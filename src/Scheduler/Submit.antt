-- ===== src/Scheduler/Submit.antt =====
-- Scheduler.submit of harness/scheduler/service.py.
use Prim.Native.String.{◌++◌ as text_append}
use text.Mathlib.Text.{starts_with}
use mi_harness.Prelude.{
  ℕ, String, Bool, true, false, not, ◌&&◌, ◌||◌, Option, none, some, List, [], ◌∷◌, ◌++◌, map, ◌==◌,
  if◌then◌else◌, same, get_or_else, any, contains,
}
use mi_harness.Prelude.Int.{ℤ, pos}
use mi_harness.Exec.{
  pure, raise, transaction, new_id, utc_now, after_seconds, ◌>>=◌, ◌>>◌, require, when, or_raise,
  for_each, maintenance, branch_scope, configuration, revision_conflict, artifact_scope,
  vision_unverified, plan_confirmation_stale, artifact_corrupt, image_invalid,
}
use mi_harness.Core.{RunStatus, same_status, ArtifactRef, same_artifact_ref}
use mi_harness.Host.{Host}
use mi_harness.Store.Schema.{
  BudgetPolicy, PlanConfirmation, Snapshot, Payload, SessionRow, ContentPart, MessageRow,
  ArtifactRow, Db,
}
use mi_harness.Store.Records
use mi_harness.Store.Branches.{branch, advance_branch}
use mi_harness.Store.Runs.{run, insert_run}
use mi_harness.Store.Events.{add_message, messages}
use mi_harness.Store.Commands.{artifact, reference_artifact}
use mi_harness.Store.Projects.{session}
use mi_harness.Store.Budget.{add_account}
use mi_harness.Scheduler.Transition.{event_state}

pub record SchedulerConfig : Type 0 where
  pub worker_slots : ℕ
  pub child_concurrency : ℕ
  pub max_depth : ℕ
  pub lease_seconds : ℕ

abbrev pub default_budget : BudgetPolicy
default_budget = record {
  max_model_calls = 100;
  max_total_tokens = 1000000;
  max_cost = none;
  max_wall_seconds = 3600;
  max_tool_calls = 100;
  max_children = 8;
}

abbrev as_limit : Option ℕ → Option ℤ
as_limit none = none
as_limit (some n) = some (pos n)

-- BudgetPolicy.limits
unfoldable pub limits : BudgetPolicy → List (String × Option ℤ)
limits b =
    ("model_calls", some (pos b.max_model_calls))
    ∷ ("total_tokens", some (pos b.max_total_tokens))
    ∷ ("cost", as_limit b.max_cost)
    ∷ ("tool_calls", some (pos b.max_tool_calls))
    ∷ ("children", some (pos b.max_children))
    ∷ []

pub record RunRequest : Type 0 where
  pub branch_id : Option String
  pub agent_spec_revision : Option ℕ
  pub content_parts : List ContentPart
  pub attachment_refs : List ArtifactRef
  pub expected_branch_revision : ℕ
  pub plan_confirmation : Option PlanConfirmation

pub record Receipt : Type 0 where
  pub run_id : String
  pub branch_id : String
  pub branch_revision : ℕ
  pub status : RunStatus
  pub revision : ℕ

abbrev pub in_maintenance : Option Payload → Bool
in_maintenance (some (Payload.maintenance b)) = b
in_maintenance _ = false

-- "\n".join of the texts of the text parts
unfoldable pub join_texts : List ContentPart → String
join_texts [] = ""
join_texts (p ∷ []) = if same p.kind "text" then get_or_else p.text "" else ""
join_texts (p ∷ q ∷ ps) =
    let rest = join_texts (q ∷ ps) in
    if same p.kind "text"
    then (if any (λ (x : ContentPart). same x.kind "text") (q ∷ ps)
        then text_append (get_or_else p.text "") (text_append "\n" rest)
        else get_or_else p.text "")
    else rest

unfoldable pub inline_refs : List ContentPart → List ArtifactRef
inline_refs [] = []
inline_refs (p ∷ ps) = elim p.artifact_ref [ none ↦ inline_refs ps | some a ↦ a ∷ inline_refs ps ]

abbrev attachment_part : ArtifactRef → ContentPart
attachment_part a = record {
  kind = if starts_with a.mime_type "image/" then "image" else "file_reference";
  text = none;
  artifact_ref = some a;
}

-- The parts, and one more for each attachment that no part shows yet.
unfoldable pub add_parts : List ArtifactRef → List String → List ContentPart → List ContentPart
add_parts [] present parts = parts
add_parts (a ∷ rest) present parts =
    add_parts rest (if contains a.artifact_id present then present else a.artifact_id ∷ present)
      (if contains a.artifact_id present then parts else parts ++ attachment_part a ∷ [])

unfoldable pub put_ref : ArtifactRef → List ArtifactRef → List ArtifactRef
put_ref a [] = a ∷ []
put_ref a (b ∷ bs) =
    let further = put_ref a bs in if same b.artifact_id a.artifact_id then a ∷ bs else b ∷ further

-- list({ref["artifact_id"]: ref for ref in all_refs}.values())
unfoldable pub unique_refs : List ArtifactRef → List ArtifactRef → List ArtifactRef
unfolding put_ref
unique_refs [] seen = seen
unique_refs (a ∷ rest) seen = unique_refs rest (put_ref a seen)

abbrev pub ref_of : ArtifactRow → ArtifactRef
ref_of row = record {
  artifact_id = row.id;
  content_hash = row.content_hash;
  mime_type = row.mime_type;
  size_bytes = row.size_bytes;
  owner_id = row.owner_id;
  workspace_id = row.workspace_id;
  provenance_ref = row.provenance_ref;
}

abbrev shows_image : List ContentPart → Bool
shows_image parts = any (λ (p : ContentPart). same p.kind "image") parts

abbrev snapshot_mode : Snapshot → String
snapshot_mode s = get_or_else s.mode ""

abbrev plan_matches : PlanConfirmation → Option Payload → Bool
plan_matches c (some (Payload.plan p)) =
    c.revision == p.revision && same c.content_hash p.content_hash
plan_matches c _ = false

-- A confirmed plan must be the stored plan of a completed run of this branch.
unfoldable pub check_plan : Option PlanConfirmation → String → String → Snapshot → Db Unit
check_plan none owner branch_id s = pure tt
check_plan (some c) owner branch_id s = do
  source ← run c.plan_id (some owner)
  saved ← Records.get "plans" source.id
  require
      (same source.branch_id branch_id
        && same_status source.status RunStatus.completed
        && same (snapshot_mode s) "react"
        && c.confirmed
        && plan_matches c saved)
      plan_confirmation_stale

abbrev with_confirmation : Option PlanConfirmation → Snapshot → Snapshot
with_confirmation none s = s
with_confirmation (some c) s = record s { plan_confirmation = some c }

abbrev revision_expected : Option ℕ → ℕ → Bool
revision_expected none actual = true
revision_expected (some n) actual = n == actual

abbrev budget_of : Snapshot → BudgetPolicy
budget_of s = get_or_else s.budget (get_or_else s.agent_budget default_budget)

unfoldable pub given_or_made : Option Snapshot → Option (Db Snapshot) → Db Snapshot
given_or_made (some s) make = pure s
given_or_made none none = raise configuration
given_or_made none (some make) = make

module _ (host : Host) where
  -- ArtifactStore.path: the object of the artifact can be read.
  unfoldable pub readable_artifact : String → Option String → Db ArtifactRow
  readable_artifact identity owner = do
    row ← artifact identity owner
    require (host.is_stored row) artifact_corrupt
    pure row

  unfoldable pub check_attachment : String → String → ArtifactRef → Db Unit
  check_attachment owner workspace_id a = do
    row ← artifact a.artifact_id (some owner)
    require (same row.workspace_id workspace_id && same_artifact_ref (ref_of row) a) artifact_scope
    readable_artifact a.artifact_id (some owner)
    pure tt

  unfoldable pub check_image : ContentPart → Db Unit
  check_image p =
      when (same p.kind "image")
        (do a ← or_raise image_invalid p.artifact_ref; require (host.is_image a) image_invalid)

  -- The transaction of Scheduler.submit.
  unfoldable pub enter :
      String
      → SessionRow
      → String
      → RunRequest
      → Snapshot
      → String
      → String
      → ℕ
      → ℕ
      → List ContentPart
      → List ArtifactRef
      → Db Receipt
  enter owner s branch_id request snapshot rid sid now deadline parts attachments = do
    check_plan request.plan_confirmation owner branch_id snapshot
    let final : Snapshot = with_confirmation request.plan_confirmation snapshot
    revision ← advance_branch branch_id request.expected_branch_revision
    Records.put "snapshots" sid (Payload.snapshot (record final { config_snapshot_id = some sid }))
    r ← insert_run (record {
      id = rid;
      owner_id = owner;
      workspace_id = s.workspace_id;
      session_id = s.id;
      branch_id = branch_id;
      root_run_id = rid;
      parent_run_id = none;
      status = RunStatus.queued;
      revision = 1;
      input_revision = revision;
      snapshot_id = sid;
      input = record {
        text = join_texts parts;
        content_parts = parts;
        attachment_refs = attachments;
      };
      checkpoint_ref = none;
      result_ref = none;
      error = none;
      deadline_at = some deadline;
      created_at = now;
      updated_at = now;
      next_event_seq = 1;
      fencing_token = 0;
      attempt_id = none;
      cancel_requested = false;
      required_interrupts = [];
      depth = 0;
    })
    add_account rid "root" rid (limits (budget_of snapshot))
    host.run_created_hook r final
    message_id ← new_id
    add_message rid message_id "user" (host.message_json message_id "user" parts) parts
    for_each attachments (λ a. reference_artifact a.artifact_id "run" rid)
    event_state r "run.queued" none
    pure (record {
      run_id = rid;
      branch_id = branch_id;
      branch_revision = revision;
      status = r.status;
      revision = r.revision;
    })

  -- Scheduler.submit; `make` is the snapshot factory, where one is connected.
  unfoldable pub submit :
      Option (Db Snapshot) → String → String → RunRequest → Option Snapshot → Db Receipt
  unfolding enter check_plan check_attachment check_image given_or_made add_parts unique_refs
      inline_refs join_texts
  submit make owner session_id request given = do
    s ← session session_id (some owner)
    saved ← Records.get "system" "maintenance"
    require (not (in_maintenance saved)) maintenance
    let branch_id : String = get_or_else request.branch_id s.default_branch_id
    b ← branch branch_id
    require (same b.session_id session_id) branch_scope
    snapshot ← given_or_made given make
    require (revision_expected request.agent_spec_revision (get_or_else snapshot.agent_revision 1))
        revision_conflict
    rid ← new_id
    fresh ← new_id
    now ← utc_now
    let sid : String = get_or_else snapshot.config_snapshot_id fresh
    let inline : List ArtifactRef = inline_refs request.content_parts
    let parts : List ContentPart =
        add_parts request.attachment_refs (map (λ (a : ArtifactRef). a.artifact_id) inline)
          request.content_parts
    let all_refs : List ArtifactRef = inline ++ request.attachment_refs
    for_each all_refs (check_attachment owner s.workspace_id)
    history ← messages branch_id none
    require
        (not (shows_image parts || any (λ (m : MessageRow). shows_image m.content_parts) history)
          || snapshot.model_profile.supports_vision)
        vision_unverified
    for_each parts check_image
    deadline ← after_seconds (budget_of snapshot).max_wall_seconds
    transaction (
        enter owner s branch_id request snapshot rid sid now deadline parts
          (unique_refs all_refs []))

::::::::

### Activity:
Look through the material above and print exactly the lines from the one containing "add_parts rest (if" to the one containing "-- A confirmed", both included, and nothing more.

### Exercise output:
    add_parts rest (if contains a.artifact_id present then present else a.artifact_id ∷ present)
      (if contains a.artifact_id present then parts else parts ++ attachment_part a ∷ [])

unfoldable pub put_ref : ArtifactRef → List ArtifactRef → List ArtifactRef
put_ref a [] = a ∷ []
put_ref a (b ∷ bs) =
    let further = put_ref a bs in if same b.artifact_id a.artifact_id then a ∷ bs else b ∷ further

-- list({ref["artifact_id"]: ref for ref in all_refs}.values())
unfoldable pub unique_refs : List ArtifactRef → List ArtifactRef → List ArtifactRef
unfolding put_ref
unique_refs [] seen = seen
unique_refs (a ∷ rest) seen = unique_refs rest (put_ref a seen)

abbrev pub ref_of : ArtifactRow → ArtifactRef
ref_of row = record {
  artifact_id = row.id;
  content_hash = row.content_hash;
  mime_type = row.mime_type;
  size_bytes = row.size_bytes;
  owner_id = row.owner_id;
  workspace_id = row.workspace_id;
  provenance_ref = row.provenance_ref;
}

abbrev shows_image : List ContentPart → Bool
shows_image parts = any (λ (p : ContentPart). same p.kind "image") parts

abbrev snapshot_mode : Snapshot → String
snapshot_mode s = get_or_else s.mode ""

abbrev plan_matches : PlanConfirmation → Option Payload → Bool
plan_matches c (some (Payload.plan p)) =
    c.revision == p.revision && same c.content_hash p.content_hash
plan_matches c _ = false

-- A confirmed plan must be the stored plan of a completed run of this branch.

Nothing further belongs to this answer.